Lest I be accused of unremitting pessimism, I did have one thing wrong, well not wrong, exactly, but as close as I usually get. Massachusetts voters were asked to legalize physician-assisted suicide on the November ballot. Here's what I predicted:

Massachusetts Voters Will Vote Yes to Legalize Assisted Suicide. (Some of my anti assisted suicide colleagues will be angry at me for this prediction, stating we must always keep a positive face. I argue that the MA initiative can be beaten, but it will require opponents to pull out every stop. Let this prediction alarm us into a maximum effort.)

Note in my defense that I said the initiative was beatable if "opponents pulled out every stop." And that's exactly what happened, resulting in a crucial defeat for assisted suicide, 51-49%. Here's why the proposal failed:

  • People are not marching in the streets demanding legalized assisted suicide: Backing for legalizing assisted suicide is a mile wide but only an inch deep—allowing concentrated opposition to evaporate just enough support to obtain the victory.
  • The diversity of opponents got through to the voters: Legalizers of assisted suicide usually push the false idea that opponents are trying to force religion on others. But the anti-assisted suicide coalition is actually very diverse, including secular types such as disability rights activists, medical professional organizations, egalitarian liberals, and advocates for the poor, in addition to Catholics and pro-lifers. Unlike in Washington a few years ago, the opposition in Massachusetts was able to get that message out.
  • Massachusetts is a Catholic State: MA is a very liberal state, but it also retains a Catholic identity. The vigorous opposition to Question 2 by Cardinal Seán Patrick O'Malley made enough of a difference to hold the line. And the usual blatant anti-Catholic tactics of supporters of assisted suicide found less traction, even among Catholics who disagree with their church.
  • The Kennedy Name: Victoria Kennedy, Ted Kennedy's widow, wrote a powerful op/ed against Question 2, lending the late senator's aura to the no effort and providing "liberal" cover to opposing assisted suicide.

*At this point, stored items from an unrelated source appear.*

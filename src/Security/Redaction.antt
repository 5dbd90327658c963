-- ===== src/Security/Redaction.antt =====
-- security/redaction.py: payloads for logs, and the copy with masked secrets.
pub mod Clean
pub mod Harmless
use plugin_baselithbot.Slices.{ℤ}
use plugin_baselithbot.Text.{is_space, lower, lower_starts_with}
use plugin_baselithbot.Common.{
  ℕ, zero, suc, String, Bool, true, false, ◌&&◌, ◌||◌, List, [], ◌∷◌, leb, eqb, if◌then◌else◌,
}
use Prim.Native.Char.{code}
use plugin_baselithbot.Strings.{joined, first_chars, size}

-- JSON-like values. A key of a dictionary is a text; numbers with a fraction are left out.
mutual
  pub data Payload : Type 0 where
    nothing : Payload
    truth : Bool → Payload
    number : ℤ → Payload
    text : String → Payload
    list : Items → Payload
    tuple : Items → Payload
    dict : Fields → Payload

  pub data Items : Type 0 where
    nil : Items
    cons : Payload → Items → Items

  pub data Fields : Type 0 where
    end : Fields
    field : String → Payload → Fields → Fields

abbrev pub sensitive_key_patterns : List String
sensitive_key_patterns =
    "token" ∷ "password" ∷ "secret" ∷ "api_key" ∷ "apikey" ∷ "access_token" ∷ "bot_token"
    ∷ "webhook_url" ∷ "auth_token" ∷ "private_key" ∷ "session_cookie" ∷ "authorization" ∷ "bearer"
    ∷ []

-- pattern in key.lower(), for an ASCII pattern in lower case that does not end in i
unfoldable pub lower_has : String → String → Bool
unfolding lower_starts_with
lower_has pattern String.[] = lower_starts_with pattern ""
lower_has pattern (String.◌∷◌ c s) =
    lower_starts_with pattern (String.◌∷◌ c s) || lower_has pattern s

unfoldable pub any_pattern : List String → String → Bool
unfolding lower_has
any_pattern [] key = false
any_pattern (p ∷ ps) key = lower_has p key || any_pattern ps key

unfoldable pub is_sensitive_key : String → Bool
unfolding any_pattern
is_sensitive_key key = any_pattern sensitive_key_patterns key

-- [A-Za-z0-9]
abbrev pub is_alnum : ℕ → Bool
is_alnum c = (leb b'A' c && leb c b'Z') || (leb b'a' c && leb c b'z') || (leb b'0' c && leb c b'9')

-- [A-Za-z0-9_\-]
abbrev pub is_token_char : ℕ → Bool
is_token_char c = is_alnum c || eqb c b'_' || eqb c b'-'

-- [A-Za-z0-9._\-] with IGNORECASE, which the letters U+0130, U+0131, U+017F and U+212A match too
abbrev pub is_bearer_char : ℕ → Bool
is_bearer_char c =
    is_token_char c || eqb c b'.' || eqb c 304 || eqb c 305 || eqb c 383 || eqb c 8490

-- \s+[A-Za-z0-9._\-] at the start of a text; `seen` is whether a space was read before.
unfoldable pub token_follows : Bool → String → Bool
unfolding is_space
token_follows seen String.[] = false
token_follows seen (String.◌∷◌ c s) =
    if is_space (code c) then token_follows true s else seen && is_bearer_char (code c)

-- Whether `_BEARER_RE` matches here, behind the characters of "bearer" that are left.
unfoldable pub bearer_at : String → String → Bool
unfolding token_follows lower
bearer_at String.[] s = token_follows false s
bearer_at (String.◌∷◌ p ps) String.[] = false
bearer_at (String.◌∷◌ p ps) (String.◌∷◌ c s) = eqb (code p) (lower (code c)) && bearer_at ps s

-- Where the next character stands: in no match, in `m.group(1)` with as many characters of the word
-- left, or in the token.
pub data Place : Type 0 where
  outside : Place
  in_word : ℕ → Place
  in_token : Place

-- `_BEARER_RE.sub` with "<redacted>" for the token
unfoldable pub sub_bearer : Place → String → String
unfolding bearer_at joined
sub_bearer place String.[] = ""
sub_bearer outside (String.◌∷◌ c s) =
    let place = if bearer_at "bearer" (String.◌∷◌ c s) then in_word 5 else outside in
    String.◌∷◌ c (sub_bearer place s)
sub_bearer (in_word zero) (String.◌∷◌ c s) =
    if is_bearer_char (code c)
    then joined "<redacted>" (sub_bearer in_token s)
    else String.◌∷◌ c (sub_bearer (in_word zero) s)
sub_bearer (in_word (suc n)) (String.◌∷◌ c s) = String.◌∷◌ c (sub_bearer (in_word n) s)
sub_bearer in_token (String.◌∷◌ c s) =
    if is_bearer_char (code c) then sub_bearer in_token s else String.◌∷◌ c (sub_bearer outside s)

abbrev pub max_keep : ℕ
max_keep = 4

-- What `_LONG_TOKEN_RE.sub` puts for a run of token characters, which is one match if it is of 32 or
-- more.
unfoldable pub masked : String → String
unfolding first_chars joined
masked run =
    if leb 32 (size run) then joined "<redacted:" (joined (first_chars max_keep run) "…>") else run

-- `_LONG_TOKEN_RE.sub`, with the run that ends here
unfoldable pub sub_long_token : String → String → String
unfolding masked joined
sub_long_token run String.[] = masked run
sub_long_token run (String.◌∷◌ c s) =
    if is_token_char (code c)
    then sub_long_token (joined run (String.◌∷◌ c "")) s
    else joined (masked run) (String.◌∷◌ c (sub_long_token "" s))

unfoldable pub redact_string : String → String
unfolding sub_bearer sub_long_token
redact_string value = sub_long_token "" (sub_bearer outside value)

-- `redact_payload`, with `max_depth` as its first argument
unfoldable mutual
  unfolding is_sensitive_key redact_string

  pub redact_payload : ℕ → Payload → Payload
  redact_payload zero p = text "<truncated>"
  redact_payload (suc n) (dict fs) = dict (redact_fields n fs)
  redact_payload (suc n) (list xs) = list (redact_items n xs)
  redact_payload (suc n) (tuple xs) = tuple (redact_items n xs)
  redact_payload (suc n) (text s) = text (redact_string s)
  redact_payload (suc n) p = p

  pub redact_items : ℕ → Items → Items
  redact_items n nil = nil
  redact_items n (cons p xs) = cons (redact_payload n p) (redact_items n xs)

  pub redact_fields : ℕ → Fields → Fields
  redact_fields n end = end
  redact_fields n (field k p fs) =
      let rest = redact_fields n fs in
      if is_sensitive_key k
      then field k (text "<redacted>") rest
      else field k (redact_payload n p) rest

abbrev pub max_depth : ℕ
max_depth = 6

Some may be asking, "Why should I care what happens in bioethics?" As I have written widely—including here at tothesource—the field has generally abandoned the sanctity/equality of human life ethic that proclaims the equal inherent moral worth of all human beings. Indeed, believers in what I call bioethics ideology, reject the very notion that there is anything "special" per se about being a human being.

If I am right about that—and I am—it is important to see the bioethical agendas coming our way before they actually arrive so steps can be taken to thwart them. So, I will continue to play the part of Cassandra in the ultimate hope that I will one day be believed, resulting in concerted political and cultural action to prove me wrong.